Items from a dataset:

⟨

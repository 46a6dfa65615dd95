-- ===== src/Pool/Shrink.antt =====
-- `shrink_to_fit` of pool.rs.
use mathlib.Core.List.{reverse}
use mathlib.Core.Path.{subst}
use shared_arena.Base.{
  ℕ, ◌+◌, ◌-◌, ◌<◌, ◌≡◌, refl, sym, ap, ◌∙◌, inl, inr, true, false, not, ◌&&◌, List, [], ◌∷◌, arith,
  ltb, length, has, Bool-cases, ==_refl, ==_iff,
}
use shared_arena.Word.{all_ones, trailing_zeros}
use shared_arena.Word.Count.{trailing_zeros-all_ones}
use shared_arena.Memory.{Memory}
use shared_arena.Memory.Chain.{Chain, Seg-frame, Distinct}
use shared_arena.Memory.Select.{
  retain, has-retain, retain-same, length-retain, Distinct-retain, length-Distinct, has-reverse,
  Distinct-reverse,
}
use shared_arena.Run.Returns
use shared_arena.Run.Returns.{Returns, returns}
use shared_arena.Page.Pool.{PagePool}
use shared_arena.Page.Pool.Acquire.{IsBitfield}
use shared_arena.Pool.{Pool}
use shared_arena.Pool.LetGo.{LetGo, LetGo-nil, LetGo-cons, still_good, drop_page-LetGo}
use shared_arena.Pool.Unlink.{is_used, FreeUnlinked}
use shared_arena.Pool.Unlinked.{unlink_unused-FreeUnlinked}
use shared_arena.Pool.Relinked.{AllUnlinked}
use shared_arena.Pool.Unlist.{unlink_dropped-AllUnlinked}
use shared_arena.Pool.Valid.{IsValid, Filled, IsPage-frame}
use shared_arena.Pool.Walk.{head, drop_pages, shrink_to_fit}

module _ {T : Type 0} where
  drop_pages-LetGo :
      (ps : List ℕ) (m : Memory (PagePool T))
      → Distinct ps
      → ((q : ℕ) → has q ps ≡ true → (m.live q ≡ true) × IsBitfield (m.page q).bitfield)
      → Returns (λ _ m'. LetGo m ps m' × (m'.list ≡ m.list)) (drop_pages ps m)
  unfolding drop_pages
  drop_pages-LetGo [] m d good = returns (LetGo-nil m, refl)
  drop_pages-LetGo (p ∷ ps) m (out, d) good =
      let (alive, word) = good p (ground (arith, ==_refl p)) in
      Returns.bind (drop_page-LetGo m p alive word) λ _ m₁ (a, e).
        Returns.mono (drop_pages-LetGo ps m₁ d (still_good p ps m m₁ out a good))
          λ _ m₂ (b, e'). (LetGo-cons p ps out a b, e' ∙ e)

-- The pages without blocks in use are deallocated and are in no list; the others are as they were.
pub record Shrunk {T : Type 0} (m : Memory (PagePool T)) (all free : List ℕ) (pool' : Pool)
    (m' : Memory (PagePool T)) : Type 0 where
  pub valid : IsValid m' pool' (retain (is_used m) all) (retain (is_used m) free)
  pub filled : Filled m' (retain (is_used m) all)
  pub live : (q : ℕ) → m'.live q ≡ (m.live q && not (has q all && not (is_used m q)))
  pub bitfield :
      (q : ℕ)
      → (has q all && not (is_used m q)) ≡ false
      → (m'.page q).bitfield ≡ (m.page q).bitfield
  pub blocks : (q : ℕ) → (m'.page q).blocks ≡ (m.page q).blocks
  pub supply : m'.supply ≡ m.supply

module _ {T : Type 0} {m : Memory (PagePool T)} {pool : Pool} {all free : List ℕ}
    (v : IsValid m pool all free) (filled : Filled m all) where
  abbrev dropped : List ℕ
  dropped = retain (λ q. not (is_used m q)) free

  -- A page with no block in use is in the free list.
  unused_free : (q : ℕ) → has q all ≡ true → is_used m q ≡ false → has q free ≡ true
  unused_free q h unused = elim (Bool-cases (has q free)) [
    | inl e ↦ e
    | inr e ↦
        let ones : (m.page q).bitfield ≡ all_ones =
          ground (arith, ==_iff (m.page q).bitfield all_ones) in
        absurd (omega (arith, v.full q h e, ap trailing_zeros ones, trailing_zeros-all_ones))
  ]

  has-dropped : (q : ℕ) → has q dropped ≡ (has q all && not (is_used m q))
  has-dropped q = elim (Bool-cases (has q all)) [
    | inl h ↦ elim (Bool-cases (is_used m q)) [
      | inl e ↦ has-retain _ free q ∙ rw (e, h) (ground arith)
      | inr e ↦ has-retain _ free q ∙ rw (e, h, unused_free q h e) refl
    ]
    | inr h ↦ has-retain _ free q ∙ ground (arith, h, v.free_in_all q)
  ]

  kept_pages : retain (λ q. not (has q dropped)) all ≡ retain (is_used m) all
  kept_pages = retain-same _ _ all λ q h. ap not (has-dropped q) ∙ rw h (ground arith)

  dropped_good : (q : ℕ) → has q dropped ≡ true → (m.live q ≡ true) × IsBitfield (m.page q).bitfield
  dropped_good q h = let page = v.pages q (ground (arith, has-dropped q)) in (page.alive, page.bits)

  -- As many pages are dropped as are not kept.
  count_pages : length (retain (is_used m) all) + length dropped ≡ length all
  count_pages =
      let unused = retain (λ q. not (is_used m q)) all in
      let here : (q : ℕ) → has q unused ≡ (has q all && not (is_used m q)) = has-retain _ all in
      omega (
        arith,
        length-retain (is_used m) all,
        length-Distinct unused dropped (Distinct-retain _ all v.all_distinct)
            (λ q h. has-dropped q ∙ sym (here q) ∙ h),
        length-Distinct dropped unused (Distinct-retain _ free v.free_distinct)
            (λ q h. here q ∙ sym (has-dropped q) ∙ h),
      )

  module _ {m₁ m₂ m₃ : Memory (PagePool T)} {first : ℕ} (u : FreeUnlinked m head free m₁)
      (w : AllUnlinked m₁ head pool.page_list dropped all first m₂)
      (g : LetGo m₂ (reverse dropped) m₃) (list : m₃.list ≡ m₂.list) where
    gone : (q : ℕ) → has q (reverse dropped) ≡ (has q all && not (is_used m q))
    gone q = has-reverse dropped q ∙ has-dropped q

    same_bitfield : (q : ℕ) → (m₂.page q).bitfield ≡ (m.page q).bitfield
    same_bitfield q = w.same.bitfield q ∙ u.same.bitfield q

    blocks : (q : ℕ) → (m₃.page q).blocks ≡ (m.page q).blocks
    blocks q = g.blocks q ∙ w.same.blocks q ∙ u.same.blocks q

    bitfield :
        (q : ℕ)
        → (has q all && not (is_used m q)) ≡ false
        → (m₃.page q).bitfield ≡ (m.page q).bitfield
    bitfield q kept = g.bitfield q ∙ rw (gone q ∙ kept) (same_bitfield q)

    live : (q : ℕ) → m₃.live q ≡ (m.live q && not (has q all && not (is_used m q)))
    live q =
        let before : m₂.live q ≡ m.live q = ap (λ f. f q) (w.same.live ∙ u.same.live) in
        elim (Bool-cases (has q all && not (is_used m q))) [
          | inl e ↦ g.live q ∙ rw (gone q ∙ e, e, same_bitfield q) (ground arith)
          | inr e ↦ g.live q ∙ rw (gone q ∙ e, e) (before ∙ ground arith)
        ]

    module _ (q : ℕ) (h : has q (retain (is_used m) all) ≡ true) where
      in_all : has q all ≡ true
      in_all = ground (arith, has-retain (is_used m) all q)

      used : is_used m q ≡ true
      used = ground (arith, has-retain (is_used m) all q)

      kept : (has q all && not (is_used m q)) ≡ false
      kept = rw (used, in_all) refl

    Shrunk-end :
        Shrunk m all free (record { page_list = first; npages = pool.npages - length dropped }) m₃
    Shrunk-end = record {
      valid = record {
        first = u.first;
        list = list ∙ w.same.list ∙ u.at;
        free_chain = Seg-frame _ _ 0 _ _ (λ q h. g.next_free q ∙ w.same.next_free q) u.chain;
        all_chain =
            Seg-frame _ _ 0 _ _ (λ q h. g.next q)
              (subst (Chain (λ q. (m₂.page q).next) first) kept_pages w.chain);
        free_distinct = Distinct-retain _ free v.free_distinct;
        all_distinct = Distinct-retain _ all v.all_distinct;
        free_in_all = λ q h.
            ground
              (arith, has-retain (is_used m) free q, has-retain (is_used m) all q, v.free_in_all q);
        count = omega (arith, v.count, count_pages);
        pages = λ q h.
            let page = v.pages q (in_all q h) in
            IsPage-frame page (live q ∙ rw (kept q h, page.alive) refl)
              (subst IsBitfield (sym (bitfield q (kept q h))) page.bits)
              (λ i lt. ap (λ f. (f i).page) (blocks q));
        flags = λ q h.
            g.in_free_list q
            ∙ w.same.in_free_list q
            ∙ u.same.in_free_list q
            ∙ v.flags q (in_all q h)
            ∙ sym (has-retain (is_used m) free q ∙ rw (used q h) (ground arith));
        full = λ q h out.
            ap trailing_zeros (bitfield q (kept q h))
            ∙ v.full q (in_all q h) (ground (arith, has-retain (is_used m) free q, used q h));
      };
      filled = λ q i h lt. rw (bitfield q (kept q h), blocks q) (filled q i (in_all q h) lt);
      live = live;
      bitfield = bitfield;
      blocks = blocks;
      supply = g.supply ∙ w.same.supply ∙ u.same.supply;
    }

-- `Pool::shrink_to_fit` of a valid pool whose blocks agree with their bits, with more rounds than
-- there are pages, returns a valid pool with the pages that have a block in use, in their order in
-- both lists. Exactly the other pages of the pool are deallocated; those that are kept have their
-- bits and blocks, and `npages` does not go below 0.
pub shrink_to_fit-Shrunk :
    {T : Type 0} (fuel : ℕ) (m : Memory (PagePool T)) (pool : Pool) (all free : List ℕ)
    → IsValid m pool all free
    → Filled m all
    → length all < fuel
    → Returns (λ pool' m'. Shrunk m all free pool' m') (shrink_to_fit fuel pool m)
unfolding shrink_to_fit
shrink_to_fit-Shrunk fuel m pool all free v filled enough =
    let short = length-Distinct free all v.free_distinct v.free_in_all in
    Returns.bind
      (unlink_unused-FreeUnlinked fuel head [] m v.first free tt v.list v.free_chain v.free_distinct
        refl (λ q h. (v.pages q (v.free_in_all q h)).alive) (omega (arith, short)))
      λ d m₁ (e, u). rw e (
        Returns.bind
          (unlink_dropped-AllUnlinked fuel head pool.page_list (dropped v filled) m₁ all tt
            (Seg-frame _ _ 0 _ all (λ q h. u.same.next q) v.all_chain) v.all_distinct refl
            (λ q h. ap (λ f. f q) u.same.live ∙ (v.pages q h).alive) enough)
          λ first m₂ w.
            let fits : ltb pool.npages (length (dropped v filled)) ≡ false =
              ground (arith, v.count, count_pages v filled) in
            rw fits (
              Returns.bind
                (drop_pages-LetGo (reverse (dropped v filled)) m₂
                  (Distinct-reverse _ (Distinct-retain _ free v.free_distinct))
                  (λ q h.
                    let (alive, word) =
                      dropped_good v filled q (sym (has-reverse (dropped v filled) q) ∙ h) in
                    (
                      ap (λ f. f q) (w.same.live ∙ u.same.live) ∙ alive,
                      subst IsBitfield (sym (w.same.bitfield q ∙ u.same.bitfield q)) word,
                    )))
                λ _ m₃ (g, list). returns (Shrunk-end v filled u w g list)))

⟩

_What you have to do:_ The answer should be all lines from the entries above that hold the word "length".

_Task response:_
  ltb, length, has, Bool-cases, ==_refl, ==_iff,
  retain, has-retain, retain-same, length-retain, Distinct-retain, length-Distinct, has-reverse,
  count_pages : length (retain (is_used m) all) + length dropped ≡ length all
        length-retain (is_used m) all,
        length-Distinct unused dropped (Distinct-retain _ all v.all_distinct)
        length-Distinct dropped unused (Distinct-retain _ free v.free_distinct)
        Shrunk m all free (record { page_list = first; npages = pool.npages - length dropped }) m₃
    → length all < fuel
    let short = length-Distinct free all v.free_distinct v.free_in_all in
            let fits : ltb pool.npages (length (dropped v filled)) ≡ false =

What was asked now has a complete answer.